Saved entries:

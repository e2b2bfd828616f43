-- ===== src/Server/Shutdown/Tracked.antt =====
-- Once a callback of a task of src/server.rs has ended, the tables hold what Python then has open.
use pywire.Base.{
  ◌≡◌, true, ◌||◌, Option, none, some, List, ◌∷◌, arith, String, Result, ok, err, is_some,
}
use pywire.HashMap.{lookup, lookup-insert, lookup-remove}
use pywire.Error.Classes.{PyErr}
use pywire.Query.Response.{Py}
use pywire.Extended.State.{PythonPortals, Call, Event}
use pywire.Extended.Close.{bound_of}
use pywire.Extended.Invariant.{live_portal, live_statement}
use pywire.Server.Shutdown.{
  Pc, outside, finished, asking, parsing, binding, closing_portal, closing_statement, call_of,
  settle,
}
use pywire.Server.Shutdown.Owed.{closes_portal, closes_statement, refused}

abbrev pub event : Call → Result PyErr Py → Event
event c r = record { call = c; outcome = r }

abbrev pub For : Option Call → (Call → Type 0) → Type 0
For none P = Unit
For (some c) P = P c

-- Whether something is open and tracked: with the callback's end the tables follow Python.
abbrev pub PortalsTracked : PythonPortals → List Event → Type 0
PortalsTracked t es =
    (n : String)
    → live_portal n es ≡ true
    → (is_some (bound_of (lookup n t.portals)) || refused (closes_portal n) es) ≡ true

abbrev pub StatementsTracked : PythonPortals → List Event → Type 0
StatementsTracked t es =
    (n : String)
    → live_statement n es ≡ true
    → (is_some (lookup n t.statements) || refused (closes_statement n) es) ≡ true

module _ (r : Result PyErr Py) (t : PythonPortals) (es : List Event) where
  pub settle-PortalsTracked :
      (p : Pc)
      → PortalsTracked t es
      → For (call_of p) (λ c. PortalsTracked (settle p r t) (event c r ∷ es))
  unfolding live_portal refused
  settle-PortalsTracked outside h = tt
  settle-PortalsTracked finished h = tt
  settle-PortalsTracked (asking q) h = λ n live. ground (arith, h n)
  settle-PortalsTracked (parsing i name query oids) h = λ n live. ground (arith, h n)
  settle-PortalsTracked (binding i name s v ps pf rf) h = bound r
    where
      bound :
          (r : Result PyErr Py)
          → PortalsTracked
              (settle (binding i name s v ps pf rf) r t)
              (event (Call.bind_portal i name v ps pf rf) r ∷ es)
      bound (err e) n live = ground (arith, h n)
      bound (ok o) n live = ground (
        arith,
        h n,
        lookup-insert name n
            (record { statement_name = s; bound = some (record { instance_ref = i; portal = o }) })
            t.portals,
      )
  settle-PortalsTracked (closing_portal i name) h =
      λ n live. ground (arith, h n, lookup-remove name n t.portals)
  settle-PortalsTracked (closing_statement i name) h = λ n live. ground (arith, h n)

  pub settle-StatementsTracked :
      (p : Pc)
      → StatementsTracked t es
      → For (call_of p) (λ c. StatementsTracked (settle p r t) (event c r ∷ es))
  unfolding live_statement refused
  settle-StatementsTracked outside h = tt
  settle-StatementsTracked finished h = tt
  settle-StatementsTracked (asking q) h = λ n live. ground (arith, h n)
  settle-StatementsTracked (parsing i name query oids) h =
      λ n live. ground (arith, h n, lookup-insert name n i t.statements)
  settle-StatementsTracked (binding i name s v ps pf rf) h = λ n live. ground (arith, h n)
  settle-StatementsTracked (closing_portal i name) h = λ n live. ground (arith, h n)
  settle-StatementsTracked (closing_statement i name) h =
      λ n live. ground (arith, h n, lookup-remove name n t.statements)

» **ABOUT THIS EXERCISE**: Begin with the line that contains "settle-StatementsTracked (parsing i" and set down each line exactly until the records above end, including the final line.

» **TASK SOLUTION**:
  settle-StatementsTracked (parsing i name query oids) h =
      λ n live. ground (arith, h n, lookup-insert name n i t.statements)
  settle-StatementsTracked (binding i name s v ps pf rf) h = λ n live. ground (arith, h n)
  settle-StatementsTracked (closing_portal i name) h = λ n live. ground (arith, h n)
  settle-StatementsTracked (closing_statement i name) h =
      λ n live. ground (arith, h n, lookup-remove name n t.statements)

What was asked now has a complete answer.